Daz, firstly hi and thanks for posting but I don't understand? Why do I not need fast carbs, what do I do instead?


----------



## dazc (Oct 4, 2009)

your asking me why you dont need fast carbs, but why do you think you need them?

do you think diabetics down a sugar filled shake each time they administer insuling. Before anyone points out that there are differences between someone whos diabetic and a bodybuilder whos not, yes im well aware of that. but after you take insulin your body isnt going to release its own, so what happens is dependant on the dose, type and administration of the insulin, and the foods eaten.

even the fasted insulins have a taper time of a few hours.

do your workout, have your PWO shake as normal, and make your tea including a good amount of complex carbs. as you sit down to eat your PPWO meal take your insulin.

start with 3-4 ius, and where you go from there is up to you, but personally i think about the 6-8ius mark is about where the gains/sides ratio peaks for most people


----------



## TAFFY (Jun 3, 2009)

like i said daz wa works for some might not work for others 10iu is fine for me and no i dont get fat when i use slin,my diet good especially when on slin,

and like i said i tried the shake straight after slin and i didnt seem gain much doing it other way gains better,i run gh with my slin so maybe tha diff,

and 100g of fast ascting carbs want make you fat when taken with slin its rest of your diet make you fat imo!!


----------



## Tasty (Aug 28, 2007)

Only because I'd read posts on here from guys that had tried and tested it, are in good shape and well respected on here. I can only make informed decisions on the information I have.

I will try your method though, thank you.


----------



## SteamRod (Oct 1, 2007)

I prefer insulin after meals but there are times when shakes are better especially with creatine/eea


----------



## dazc (Oct 4, 2009)

TAFFY said:


> like i said daz wa works for some might not work for others 10iu is fine for me and no i dont get fat when i use slin,my diet good especially when on slin,
> 
> and like i said i tried the shake straight after slin and i didnt seem gain much doing it other way gains better,i run gh with my slin so maybe tha diff,
> 
> and 100g of fast ascting carbs want make you fat when taken with slin its rest of your diet make you fat imo!!
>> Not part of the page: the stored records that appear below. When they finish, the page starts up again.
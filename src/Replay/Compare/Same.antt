-- ===== src/Replay/Compare/Same.antt =====
-- internal/replay/compare.go: when two replays match.
use aquila.Base.{
  ℕ, suc, ◌≡◌, refl, sym, ap, ◌∙◌, Str, codes, Bool, true, false, not, ◌&&◌, ◌||◌, ◌↔◌, inl, inr,
  Option, none, some, List, [], ◌∷◌, any, ◌==◌, length, if◌then◌else◌, is_empty, trim_space, arith,
  Bool-cases, str_eq, str_eq→eq, str_eq_iff, has_prefix, eqb_ℤ, is_empty_iff,
}
use aquila.Replay.{Delta, Observation, Run, verdict_match, verdict_differ, verdict_incomplete}
use aquila.Replay.Json.{Json, json_eq, strip_volatile}
use aquila.Replay.Compare.{
  Decoder, auth_status, decode_json, json_notes, compare_values, compare_answers, compare_obs,
  deltas, cuts, changes, compare, new_delta,
}

one_more :
    (n c s c' s' x y : Bool)
    → (c || s) ≡ not x
    → (n && (not c' && not s')) ≡ y
    → (n && (not (c || c') && not (s || s'))) ≡ (x && y)
one_more n c s c' s' x y p q = ground arith

verdict-quiet :
    (n c s : Bool)
    → ((if not n || c then verdict_incomplete else if s then verdict_differ else verdict_match)
        ≡ verdict_match)
      ↔ ((n && (not c && not s)) ≡ true)
verdict-quiet n c s = (λ h. ground arith, λ h. ground arith)

same_length : (m n : ℕ) → ((suc m) == (suc n)) ≡ (m == n)
same_length m n = ground arith

module _ (unmarshal : Decoder) where
  -- Both sides answered the same request, alike, and auth did not refuse both.
  pub record Alike (a b : Observation) : Type 0 where
    pub same_method : a.method ≡ b.method
    pub same_path : a.path ≡ b.path
    pub answered : a.err ≡ []
    pub answered_too : b.err ≡ []
    pub same_status : eqb_ℤ a.status b.status ≡ true
    pub not_refused : (auth_status a.status && auth_status b.status) ≡ false
    pub same_body : json_notes unmarshal a.body b.body ≡ []

  -- The same number of steps, alike in pairs.
  abbrev pub AllAlike : List Observation → List Observation → Type 0
  AllAlike [] [] = Unit
  AllAlike [] (b ∷ bs) = ⊥
  AllAlike (a ∷ rest) [] = ⊥
  AllAlike (a ∷ rest) (b ∷ bs) = Alike a b × AllAlike rest bs

  abbrev alike : Observation → Observation → Bool
  alike a b =
      str_eq a.path b.path
      && (str_eq a.method b.method
          && (is_empty a.err
              && (is_empty b.err
                  && (not (auth_status a.status && auth_status b.status)
                      && (eqb_ℤ a.status b.status
                          && is_empty (json_notes unmarshal a.body b.body))))))

  Alike-iff : (a b : Observation) → (alike a b ≡ true) ↔ Alike a b
  Alike-iff a b = (
    λ h. record {
      same_method = str_eq→eq a.method b.method (ground arith);
      same_path = str_eq→eq a.path b.path (ground arith);
      answered = (is_empty_iff a.err).0 (ground arith);
      answered_too = (is_empty_iff b.err).0 (ground arith);
      same_status = ground arith;
      not_refused = ground arith;
      same_body = (is_empty_iff (json_notes unmarshal a.body b.body)).0 (ground arith);
    },
    λ s.
        let p = (str_eq_iff a.path b.path).1 s.same_path in
        let m = (str_eq_iff a.method b.method).1 s.same_method in
        let e = (is_empty_iff a.err).1 s.answered in
        let f = (is_empty_iff b.err).1 s.answered_too in
        let j = (is_empty_iff (json_notes unmarshal a.body b.body)).1 s.same_body in
        let t = s.same_status in let r = s.not_refused in ground arith,
  )

  abbrev is_error : Str → Bool
  is_error note = has_prefix note (codes "error:")

  values-plain :
      (a b : Str) (v w : Option Json) → any is_error (compare_values unmarshal a b v w) ≡ false
  unfolding compare_values has_prefix
  values-plain a b none none = elim (Bool-cases (str_eq (trim_space a) (trim_space b))) [
    | inl e ↦ rw e
    | inr e ↦ rw e refl
  ]
  values-plain a b none (some w) = refl
  values-plain a b (some v) none = refl
  values-plain a b (some v) (some w) =
      elim (Bool-cases (json_eq (strip_volatile v) (strip_volatile w))) [
        | inl e ↦ rw e
        | inr e ↦ rw e refl
      ]

  notes-plain : (a b : Str) → any is_error (json_notes unmarshal a b) ≡ false
  unfolding json_notes
  notes-plain a b = values-plain a b (decode_json unmarshal a) (decode_json unmarshal b)

  abbrev loud : Delta → Bool
  loud d = cuts d || changes d

  -- The end of compareObs is quiet when statuses and bodies agree.
  answers-quiet :
      (a b : Observation) (d : Delta)
      → str_eq d.status verdict_match ≡ true
      → loud (compare_answers unmarshal a b d)
        ≡ not (eqb_ℤ a.status b.status && is_empty (json_notes unmarshal a.body b.body))
  unfolding compare_answers has_prefix str_eq
  answers-quiet a b d h =
      let plain = notes-plain a.body b.body in
      let e = str_eq→eq d.status verdict_match h in
      elim (Bool-cases (is_empty (json_notes unmarshal a.body b.body))) [
        | inl y ↦
            let nil = (is_empty_iff (json_notes unmarshal a.body b.body)).0 y in
            elim (Bool-cases (eqb_ℤ a.status b.status)) [
              | inl z ↦ rw (nil, z, e) refl
              | inr z ↦ rw (nil, z) (ground arith)
            ]
        | inr n ↦ rw n (ground arith)
      ]

  -- A delta leaves the verdict a match exactly when the two sides are alike.
  loud-alike : (a b : Observation) → loud (compare_obs unmarshal a b) ≡ not (alike a b)
  unfolding compare_obs str_eq has_prefix
  loud-alike a b = elim (Bool-cases (str_eq a.path b.path && str_eq a.method b.method)) [
    | inr n ↦
        let e : (not (str_eq a.path b.path) || not (str_eq a.method b.method)) ≡ true =
          ground arith in
        rw e (ground arith)
    | inl y ↦
        let p : str_eq a.path b.path ≡ true = ground arith in
        let m : str_eq a.method b.method ≡ true = ground arith in
        elim (Bool-cases (is_empty a.err && is_empty b.err)) [
          | inr n ↦
              let e : (not (is_empty a.err) || not (is_empty b.err)) ≡ true = ground arith in
              rw (p, m, e) (ground arith)
          | inl z ↦
              let f : is_empty a.err ≡ true = ground arith in
              let g : is_empty b.err ≡ true = ground arith in
              elim (Bool-cases (auth_status a.status && auth_status b.status)) [
                | inl r ↦ rw (p, m, f, g, r) (ground arith)
                | inr r ↦
                    rw (p, m, f, g, r)
                      (answers-quiet a b
                        (let d = new_delta a in
                          record d { baseline_status = a.status; patch_status = b.status })
                        refl)
              ]
        ]
  ]

  abbrev all_alike : List Observation → List Observation → Bool
  all_alike [] [] = true
  all_alike [] (b ∷ bs) = false
  all_alike (a ∷ rest) [] = false
  all_alike (a ∷ rest) (b ∷ bs) = alike a b && all_alike rest bs

  AllAlike-iff : (xs ys : List Observation) → (all_alike xs ys ≡ true) ↔ AllAlike xs ys
  AllAlike-iff [] [] = (λ h. tt, λ h. refl)
  AllAlike-iff [] (b ∷ ys) = (λ h. absurd (ground arith), λ h. absurd h)
  AllAlike-iff (a ∷ xs) [] = (λ h. absurd (ground arith), λ h. absurd h)
  AllAlike-iff (a ∷ xs) (b ∷ ys) = (
    λ h. ((Alike-iff a b).0 (ground arith), (AllAlike-iff xs ys).0 (ground arith)),
    λ h. let p = (Alike-iff a b).1 h.0 in let q = (AllAlike-iff xs ys).1 h.1 in ground arith,
  )

  deltas-quiet :
      (xs ys : List Observation)
      → ((length xs == length ys)
          && (not (any cuts (deltas unmarshal xs ys))
              && not (any changes (deltas unmarshal xs ys))))
        ≡ all_alike xs ys
  unfolding deltas
  deltas-quiet [] [] = refl
  deltas-quiet [] (b ∷ ys) = ground arith
  deltas-quiet (a ∷ xs) [] = ground arith
  deltas-quiet (a ∷ xs) (b ∷ ys) =
      let d = compare_obs unmarshal a b in
      let ds = deltas unmarshal xs ys in
      ap (λ n. n && (not (cuts d || any cuts ds) && not (changes d || any changes ds)))
        (same_length (length xs) (length ys))
      ∙ one_more (length xs == length ys) (cuts d) (changes d) (any cuts ds) (any changes ds)
          (alike a b) (all_alike xs ys) (loud-alike a b) (deltas-quiet xs ys)

  -- Compare says match exactly when the replays have equally many steps and each pair of them made
  -- the same request, was answered on both sides with the same status and the same body less its
  -- volatile fields, and was not refused by auth on both sides.
  pub compare-match :
      (base patch : Run)
      → ((compare unmarshal base patch).verdict ≡ verdict_match) ↔ AllAlike base.steps patch.steps
  unfolding compare
  compare-match base patch =
      let ds = deltas unmarshal base.steps patch.steps in
      let q = deltas-quiet base.steps patch.steps in
      let v =
        verdict-quiet (length base.steps == length patch.steps) (any cuts ds) (any changes ds) in
      (
        λ h. (AllAlike-iff base.steps patch.steps).0 (sym q ∙ v.0 h),
        λ h. v.1 (q ∙ (AllAlike-iff base.steps patch.steps).1 h),
      )
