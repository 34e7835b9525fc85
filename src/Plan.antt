-- ===== src/Plan.antt =====
-- internal/plan: the records of the experiment DAG and of its evidence. The verdict over the steps,
-- the construction of the DAG and the comparison of bursts are in the modules below.
pub mod Overall
pub mod Build
pub mod Burst
pub mod Execute
pub mod Examples
use aquila.Base.{Str, codes, Bool, List, ℤ}
use aquila.Replay.{Delta, StepLatency}

abbrev pub kind_env : Str
kind_env = codes "env"

abbrev pub kind_behavior : Str
kind_behavior = codes "behavior"

abbrev pub kind_latency : Str
kind_latency = codes "latency"

abbrev pub kind_concurrency : Str
kind_concurrency = codes "concurrency"

abbrev pub kind_tests : Str
kind_tests = codes "tests"

abbrev pub kind_fault_status : Str
kind_fault_status = codes "fault_status"

abbrev pub verdict_skipped : Str
verdict_skipped = codes "skipped"

abbrev pub verdict_samples : Str
verdict_samples = codes "samples"

abbrev pub verdict_prepared : Str
verdict_prepared = codes "prepared"

pub record Step : Type 0 where
  pub id : Str
  pub kind : Str
  pub required : Bool
  pub operator : Bool
  pub n : ℤ
  pub status : ℤ
  pub depends_on : List Str
  pub reason : Str

pub record Dag : Type 0 where
  pub steps : List Step
  pub notes : List Str
  pub module_dir : Str
  pub test_packages : List Str
  pub health_path : Str

pub record StepResult : Type 0 where
  pub id : Str
  pub kind : Str
  pub verdict : Str
  pub notes : List Str
  pub latency : List StepLatency
  pub steps : List Delta

pub record Evidence : Type 0 where
  pub overall : Str
  pub steps : List StepResult
  pub notes : List Str
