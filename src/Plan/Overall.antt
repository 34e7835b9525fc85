-- ===== src/Plan/Overall.antt =====
-- internal/plan/run.go: the verdict over the steps of a DAG.
pub mod Verdict
use aquila.Base.{Str, Bool, true, false, ◌&&◌, ◌||◌, List, [], ◌∷◌, if◌then◌else◌, str_eq}
use aquila.Replay.{verdict_match, verdict_differ, verdict_incomplete}
use aquila.Plan.{kind_env, kind_latency, kind_fault_status, verdict_skipped, StepResult}

-- The variables of the loop; `executed` records only whether the counter left 0.
pub record Tally : Type 0 where
  pub incomplete : Bool
  pub differ : Bool
  pub executed : Bool

abbrev pub no_tally : Tally
no_tally = record { incomplete = false; differ = false; executed = false }

-- Env has failed: the loop returns at once.
abbrev pub env_failed : StepResult → Bool
env_failed s = str_eq s.kind kind_env && str_eq s.verdict verdict_incomplete

-- Skipped, env and fault steps do not vote.
abbrev pub is_silent : StepResult → Bool
is_silent s =
    str_eq s.verdict verdict_skipped || str_eq s.kind kind_env || str_eq s.kind kind_fault_status

-- The body of the loop for a step that votes. A latency step can only make the verdict incomplete.
abbrev pub vote : StepResult → Tally → Tally
vote s t = record {
  incomplete = t.incomplete || str_eq s.verdict verdict_incomplete;
  differ =
      t.differ || (if str_eq s.kind kind_latency then false else str_eq s.verdict verdict_differ);
  executed = true;
}

conclude : Tally → Str
conclude t =
    if t.executed
    then if t.incomplete
      then verdict_incomplete
      else if t.differ
      then verdict_differ
      else verdict_match
    else verdict_incomplete

overall_from : Tally → List StepResult → Str
unfolding conclude
overall_from t [] = conclude t
overall_from t (s ∷ steps) =
    let rest = overall_from (if is_silent s then t else vote s t) steps in
    if env_failed s then verdict_incomplete else rest

-- Overall.
unfoldable pub overall : List StepResult → Str
unfolding overall_from
overall steps = overall_from no_tally steps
sure, but whats gained from using sugars, rather then complex carbs?

you can take advantage of a natural insulin spike PWO from the fast carbs ie sugars in your PWO shake, and then extend that window by using insuling to shuttle more nutrients than you would otherwise.

you dont need the fast carbs to prevent hypos, and they arent going to add to the insulin spike, as once you inject the body isnt going to release any!

but like you say, loads of different ways to do things, and ive seen ALOT of people get fat using insulin and think they are making gains, much like people talk about having gained 20lbs of muscle on a cycle, yet you see them a couple of years and they arent much different.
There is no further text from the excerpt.